== YOUR GOAL ==
Across the listing that follows, work out how many lines carry the string "times". Provide that number and nothing else.

== LISTED ENTRIES ==
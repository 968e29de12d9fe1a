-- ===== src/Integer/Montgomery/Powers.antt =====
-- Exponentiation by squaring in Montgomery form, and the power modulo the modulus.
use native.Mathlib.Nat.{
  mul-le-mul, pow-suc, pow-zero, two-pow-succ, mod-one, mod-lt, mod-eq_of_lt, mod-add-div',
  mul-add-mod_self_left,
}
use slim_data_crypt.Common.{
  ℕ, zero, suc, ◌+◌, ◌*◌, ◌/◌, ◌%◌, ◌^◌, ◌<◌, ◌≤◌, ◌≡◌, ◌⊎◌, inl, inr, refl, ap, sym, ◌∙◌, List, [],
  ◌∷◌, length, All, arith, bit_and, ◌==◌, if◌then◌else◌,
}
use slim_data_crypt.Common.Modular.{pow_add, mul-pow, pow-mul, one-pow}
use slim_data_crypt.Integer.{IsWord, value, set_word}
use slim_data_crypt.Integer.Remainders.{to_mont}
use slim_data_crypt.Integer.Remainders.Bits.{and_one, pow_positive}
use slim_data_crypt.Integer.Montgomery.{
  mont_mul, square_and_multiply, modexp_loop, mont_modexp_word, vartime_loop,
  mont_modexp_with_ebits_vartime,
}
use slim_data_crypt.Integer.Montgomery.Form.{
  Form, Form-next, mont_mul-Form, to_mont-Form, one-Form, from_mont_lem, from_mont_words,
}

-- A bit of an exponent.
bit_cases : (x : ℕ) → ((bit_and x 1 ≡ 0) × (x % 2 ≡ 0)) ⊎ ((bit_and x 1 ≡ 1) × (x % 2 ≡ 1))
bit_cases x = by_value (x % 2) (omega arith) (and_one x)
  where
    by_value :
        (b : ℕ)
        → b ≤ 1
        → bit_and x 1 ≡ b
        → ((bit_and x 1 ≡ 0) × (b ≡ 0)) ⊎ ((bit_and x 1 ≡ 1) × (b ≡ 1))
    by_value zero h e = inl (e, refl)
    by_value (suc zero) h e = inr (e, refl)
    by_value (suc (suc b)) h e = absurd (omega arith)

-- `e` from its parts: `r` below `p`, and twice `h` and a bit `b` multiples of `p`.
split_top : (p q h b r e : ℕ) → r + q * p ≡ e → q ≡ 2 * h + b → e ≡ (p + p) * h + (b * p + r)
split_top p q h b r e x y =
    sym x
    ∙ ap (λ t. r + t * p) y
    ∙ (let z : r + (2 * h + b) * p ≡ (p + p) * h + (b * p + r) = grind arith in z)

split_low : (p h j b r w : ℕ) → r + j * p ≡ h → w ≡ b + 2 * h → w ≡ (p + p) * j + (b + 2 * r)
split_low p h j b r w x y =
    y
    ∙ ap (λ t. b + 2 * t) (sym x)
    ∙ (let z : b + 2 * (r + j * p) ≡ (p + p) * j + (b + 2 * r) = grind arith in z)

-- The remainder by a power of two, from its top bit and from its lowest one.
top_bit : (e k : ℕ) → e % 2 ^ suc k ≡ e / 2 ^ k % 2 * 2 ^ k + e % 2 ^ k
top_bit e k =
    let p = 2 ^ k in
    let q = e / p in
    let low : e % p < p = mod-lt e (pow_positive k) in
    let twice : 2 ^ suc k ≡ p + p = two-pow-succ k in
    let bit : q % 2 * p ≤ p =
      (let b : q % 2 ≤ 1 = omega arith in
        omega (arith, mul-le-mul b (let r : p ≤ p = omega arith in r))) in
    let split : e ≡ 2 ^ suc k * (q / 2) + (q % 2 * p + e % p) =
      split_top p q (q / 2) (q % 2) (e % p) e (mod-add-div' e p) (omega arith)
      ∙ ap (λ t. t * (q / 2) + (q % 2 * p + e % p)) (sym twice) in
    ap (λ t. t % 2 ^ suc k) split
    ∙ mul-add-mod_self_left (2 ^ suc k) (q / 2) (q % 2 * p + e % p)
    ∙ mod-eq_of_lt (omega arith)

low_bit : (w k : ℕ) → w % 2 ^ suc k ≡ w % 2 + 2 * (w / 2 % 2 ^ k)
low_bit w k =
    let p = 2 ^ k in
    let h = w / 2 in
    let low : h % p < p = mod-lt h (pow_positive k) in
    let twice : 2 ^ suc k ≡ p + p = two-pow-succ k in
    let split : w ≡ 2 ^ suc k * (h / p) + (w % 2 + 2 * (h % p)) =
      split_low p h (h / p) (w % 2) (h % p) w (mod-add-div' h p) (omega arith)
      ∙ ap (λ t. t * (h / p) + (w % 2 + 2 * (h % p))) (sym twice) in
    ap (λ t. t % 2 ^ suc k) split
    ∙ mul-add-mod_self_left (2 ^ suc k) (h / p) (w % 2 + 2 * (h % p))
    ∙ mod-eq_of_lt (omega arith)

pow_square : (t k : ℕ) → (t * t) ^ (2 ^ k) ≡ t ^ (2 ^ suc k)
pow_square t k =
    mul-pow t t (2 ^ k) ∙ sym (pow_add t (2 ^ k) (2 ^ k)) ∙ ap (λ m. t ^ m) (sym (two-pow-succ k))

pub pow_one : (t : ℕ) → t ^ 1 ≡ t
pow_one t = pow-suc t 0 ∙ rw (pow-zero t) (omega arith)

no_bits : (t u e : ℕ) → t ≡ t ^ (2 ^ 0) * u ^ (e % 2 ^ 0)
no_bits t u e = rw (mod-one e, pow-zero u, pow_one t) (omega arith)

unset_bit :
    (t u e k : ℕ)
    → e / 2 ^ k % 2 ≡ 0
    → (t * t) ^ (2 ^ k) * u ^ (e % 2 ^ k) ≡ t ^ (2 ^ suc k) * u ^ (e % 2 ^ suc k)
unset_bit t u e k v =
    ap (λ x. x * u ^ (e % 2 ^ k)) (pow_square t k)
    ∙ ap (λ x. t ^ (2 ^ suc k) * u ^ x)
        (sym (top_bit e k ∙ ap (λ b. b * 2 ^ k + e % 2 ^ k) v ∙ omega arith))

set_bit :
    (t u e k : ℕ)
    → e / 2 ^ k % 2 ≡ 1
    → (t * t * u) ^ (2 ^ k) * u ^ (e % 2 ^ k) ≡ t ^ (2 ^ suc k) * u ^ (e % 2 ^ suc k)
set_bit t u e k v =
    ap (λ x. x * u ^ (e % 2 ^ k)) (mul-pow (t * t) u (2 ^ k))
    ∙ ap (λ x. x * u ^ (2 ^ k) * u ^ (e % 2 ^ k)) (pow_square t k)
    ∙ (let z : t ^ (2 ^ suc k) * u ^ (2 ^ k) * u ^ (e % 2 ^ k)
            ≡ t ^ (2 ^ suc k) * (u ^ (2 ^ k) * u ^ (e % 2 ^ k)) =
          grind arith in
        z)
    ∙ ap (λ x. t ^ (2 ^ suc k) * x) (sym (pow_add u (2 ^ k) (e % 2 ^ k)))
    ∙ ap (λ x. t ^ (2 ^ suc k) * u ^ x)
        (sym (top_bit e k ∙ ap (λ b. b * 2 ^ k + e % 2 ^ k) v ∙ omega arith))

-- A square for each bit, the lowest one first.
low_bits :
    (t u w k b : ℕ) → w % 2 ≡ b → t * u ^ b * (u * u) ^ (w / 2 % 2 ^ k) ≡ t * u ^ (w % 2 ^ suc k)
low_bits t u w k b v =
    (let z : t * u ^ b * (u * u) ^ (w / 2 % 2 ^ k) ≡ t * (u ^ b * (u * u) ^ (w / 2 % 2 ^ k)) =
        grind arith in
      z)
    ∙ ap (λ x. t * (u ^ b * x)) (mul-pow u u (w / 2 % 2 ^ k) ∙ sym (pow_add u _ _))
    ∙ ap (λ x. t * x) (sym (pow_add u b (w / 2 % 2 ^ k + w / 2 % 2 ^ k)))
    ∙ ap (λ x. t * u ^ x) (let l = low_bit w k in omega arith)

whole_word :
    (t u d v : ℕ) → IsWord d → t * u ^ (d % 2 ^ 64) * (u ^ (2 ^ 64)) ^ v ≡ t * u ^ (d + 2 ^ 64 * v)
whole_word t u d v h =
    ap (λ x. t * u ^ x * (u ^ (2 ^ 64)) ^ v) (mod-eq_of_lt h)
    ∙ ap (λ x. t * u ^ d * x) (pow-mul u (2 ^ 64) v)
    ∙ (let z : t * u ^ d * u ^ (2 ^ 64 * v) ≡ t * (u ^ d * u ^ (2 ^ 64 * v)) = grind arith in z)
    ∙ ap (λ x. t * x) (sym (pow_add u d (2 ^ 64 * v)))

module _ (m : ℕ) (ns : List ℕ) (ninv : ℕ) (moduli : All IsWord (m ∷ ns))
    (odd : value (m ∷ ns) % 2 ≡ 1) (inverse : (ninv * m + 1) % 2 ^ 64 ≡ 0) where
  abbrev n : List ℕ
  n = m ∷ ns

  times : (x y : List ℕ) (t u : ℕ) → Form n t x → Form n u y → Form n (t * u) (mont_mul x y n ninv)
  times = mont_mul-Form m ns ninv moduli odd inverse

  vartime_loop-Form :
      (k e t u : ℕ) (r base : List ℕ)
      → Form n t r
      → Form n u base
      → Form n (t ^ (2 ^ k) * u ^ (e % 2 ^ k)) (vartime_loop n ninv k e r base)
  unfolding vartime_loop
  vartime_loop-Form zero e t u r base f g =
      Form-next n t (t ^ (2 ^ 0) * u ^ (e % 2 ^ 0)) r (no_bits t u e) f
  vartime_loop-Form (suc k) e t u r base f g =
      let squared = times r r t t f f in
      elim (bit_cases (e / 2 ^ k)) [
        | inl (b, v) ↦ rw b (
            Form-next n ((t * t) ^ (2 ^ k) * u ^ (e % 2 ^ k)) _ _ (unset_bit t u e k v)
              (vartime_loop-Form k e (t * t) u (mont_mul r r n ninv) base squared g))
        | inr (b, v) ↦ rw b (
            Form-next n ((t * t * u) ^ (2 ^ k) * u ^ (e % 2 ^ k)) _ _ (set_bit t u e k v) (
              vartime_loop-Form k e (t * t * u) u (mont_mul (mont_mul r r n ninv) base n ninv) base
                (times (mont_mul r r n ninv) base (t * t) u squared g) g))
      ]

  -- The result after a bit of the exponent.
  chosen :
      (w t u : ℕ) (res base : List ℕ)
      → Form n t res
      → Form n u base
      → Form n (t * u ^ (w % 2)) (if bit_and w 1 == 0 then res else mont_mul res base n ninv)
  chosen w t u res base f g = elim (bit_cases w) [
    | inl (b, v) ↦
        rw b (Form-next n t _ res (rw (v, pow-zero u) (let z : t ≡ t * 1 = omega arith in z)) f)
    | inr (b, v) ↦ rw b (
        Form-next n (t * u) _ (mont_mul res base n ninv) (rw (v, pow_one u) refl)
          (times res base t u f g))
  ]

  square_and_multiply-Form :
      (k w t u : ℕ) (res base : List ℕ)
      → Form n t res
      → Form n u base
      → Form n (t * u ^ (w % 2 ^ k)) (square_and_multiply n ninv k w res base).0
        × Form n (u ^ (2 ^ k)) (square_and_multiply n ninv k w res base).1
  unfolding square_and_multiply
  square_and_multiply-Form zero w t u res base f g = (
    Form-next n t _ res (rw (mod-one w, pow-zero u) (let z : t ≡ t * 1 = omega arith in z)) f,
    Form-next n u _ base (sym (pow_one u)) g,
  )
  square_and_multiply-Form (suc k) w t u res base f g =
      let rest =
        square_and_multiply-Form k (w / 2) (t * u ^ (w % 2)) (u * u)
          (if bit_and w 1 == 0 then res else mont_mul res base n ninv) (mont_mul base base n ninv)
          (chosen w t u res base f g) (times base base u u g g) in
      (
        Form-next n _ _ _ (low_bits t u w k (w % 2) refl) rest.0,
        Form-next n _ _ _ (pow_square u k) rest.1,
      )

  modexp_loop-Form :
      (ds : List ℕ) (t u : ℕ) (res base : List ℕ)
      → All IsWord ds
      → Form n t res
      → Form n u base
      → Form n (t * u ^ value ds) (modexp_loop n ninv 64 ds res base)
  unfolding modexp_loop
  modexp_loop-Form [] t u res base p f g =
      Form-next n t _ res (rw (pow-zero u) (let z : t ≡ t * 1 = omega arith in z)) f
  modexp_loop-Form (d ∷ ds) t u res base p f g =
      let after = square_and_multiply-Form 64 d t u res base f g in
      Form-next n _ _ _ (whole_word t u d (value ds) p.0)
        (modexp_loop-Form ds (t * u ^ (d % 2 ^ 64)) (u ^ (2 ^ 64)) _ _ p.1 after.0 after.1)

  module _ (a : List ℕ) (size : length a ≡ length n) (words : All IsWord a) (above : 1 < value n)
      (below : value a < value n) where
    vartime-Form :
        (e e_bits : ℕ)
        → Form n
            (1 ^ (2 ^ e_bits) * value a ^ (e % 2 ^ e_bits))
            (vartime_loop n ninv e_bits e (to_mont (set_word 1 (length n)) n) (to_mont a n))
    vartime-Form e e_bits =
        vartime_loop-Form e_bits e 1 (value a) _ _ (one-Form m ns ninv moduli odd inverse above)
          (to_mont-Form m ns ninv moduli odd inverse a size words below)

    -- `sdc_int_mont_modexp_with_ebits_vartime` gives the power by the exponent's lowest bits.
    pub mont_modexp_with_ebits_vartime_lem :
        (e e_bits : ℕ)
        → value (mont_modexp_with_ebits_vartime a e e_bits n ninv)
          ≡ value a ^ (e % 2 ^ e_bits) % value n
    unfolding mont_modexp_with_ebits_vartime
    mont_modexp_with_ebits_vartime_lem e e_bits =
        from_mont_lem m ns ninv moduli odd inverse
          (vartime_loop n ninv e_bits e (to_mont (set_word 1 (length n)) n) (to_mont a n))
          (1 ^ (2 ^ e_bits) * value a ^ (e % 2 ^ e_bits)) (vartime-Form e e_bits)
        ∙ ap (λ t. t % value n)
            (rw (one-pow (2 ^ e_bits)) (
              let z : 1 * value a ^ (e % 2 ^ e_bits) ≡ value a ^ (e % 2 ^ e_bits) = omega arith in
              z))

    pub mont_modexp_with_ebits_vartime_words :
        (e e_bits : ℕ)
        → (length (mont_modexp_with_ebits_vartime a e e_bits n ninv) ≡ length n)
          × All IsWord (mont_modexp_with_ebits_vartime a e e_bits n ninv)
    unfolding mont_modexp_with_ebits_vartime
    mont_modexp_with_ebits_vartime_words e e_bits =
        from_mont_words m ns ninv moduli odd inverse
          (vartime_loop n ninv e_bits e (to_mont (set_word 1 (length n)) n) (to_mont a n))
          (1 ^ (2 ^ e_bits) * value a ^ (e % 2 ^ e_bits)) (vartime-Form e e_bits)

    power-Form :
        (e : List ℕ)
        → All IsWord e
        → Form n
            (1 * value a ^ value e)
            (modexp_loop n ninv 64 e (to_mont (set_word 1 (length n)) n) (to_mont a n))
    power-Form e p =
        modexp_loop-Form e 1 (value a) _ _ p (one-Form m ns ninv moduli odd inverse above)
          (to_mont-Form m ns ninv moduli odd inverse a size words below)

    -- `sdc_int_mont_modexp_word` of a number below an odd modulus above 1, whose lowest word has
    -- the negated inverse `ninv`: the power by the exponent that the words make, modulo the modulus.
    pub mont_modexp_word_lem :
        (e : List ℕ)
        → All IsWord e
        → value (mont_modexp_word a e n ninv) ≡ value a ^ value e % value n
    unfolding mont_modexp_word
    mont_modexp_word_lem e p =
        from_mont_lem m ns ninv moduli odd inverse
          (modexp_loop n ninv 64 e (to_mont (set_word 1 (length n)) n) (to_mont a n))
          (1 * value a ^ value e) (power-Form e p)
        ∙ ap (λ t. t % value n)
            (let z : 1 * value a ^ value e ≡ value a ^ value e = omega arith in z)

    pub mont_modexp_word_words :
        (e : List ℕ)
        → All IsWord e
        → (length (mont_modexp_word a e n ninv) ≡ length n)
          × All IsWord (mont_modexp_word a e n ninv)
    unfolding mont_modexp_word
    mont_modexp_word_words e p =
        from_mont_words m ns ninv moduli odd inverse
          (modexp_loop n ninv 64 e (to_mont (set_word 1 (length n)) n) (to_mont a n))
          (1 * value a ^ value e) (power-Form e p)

== EXERCISE OUTPUT ==
6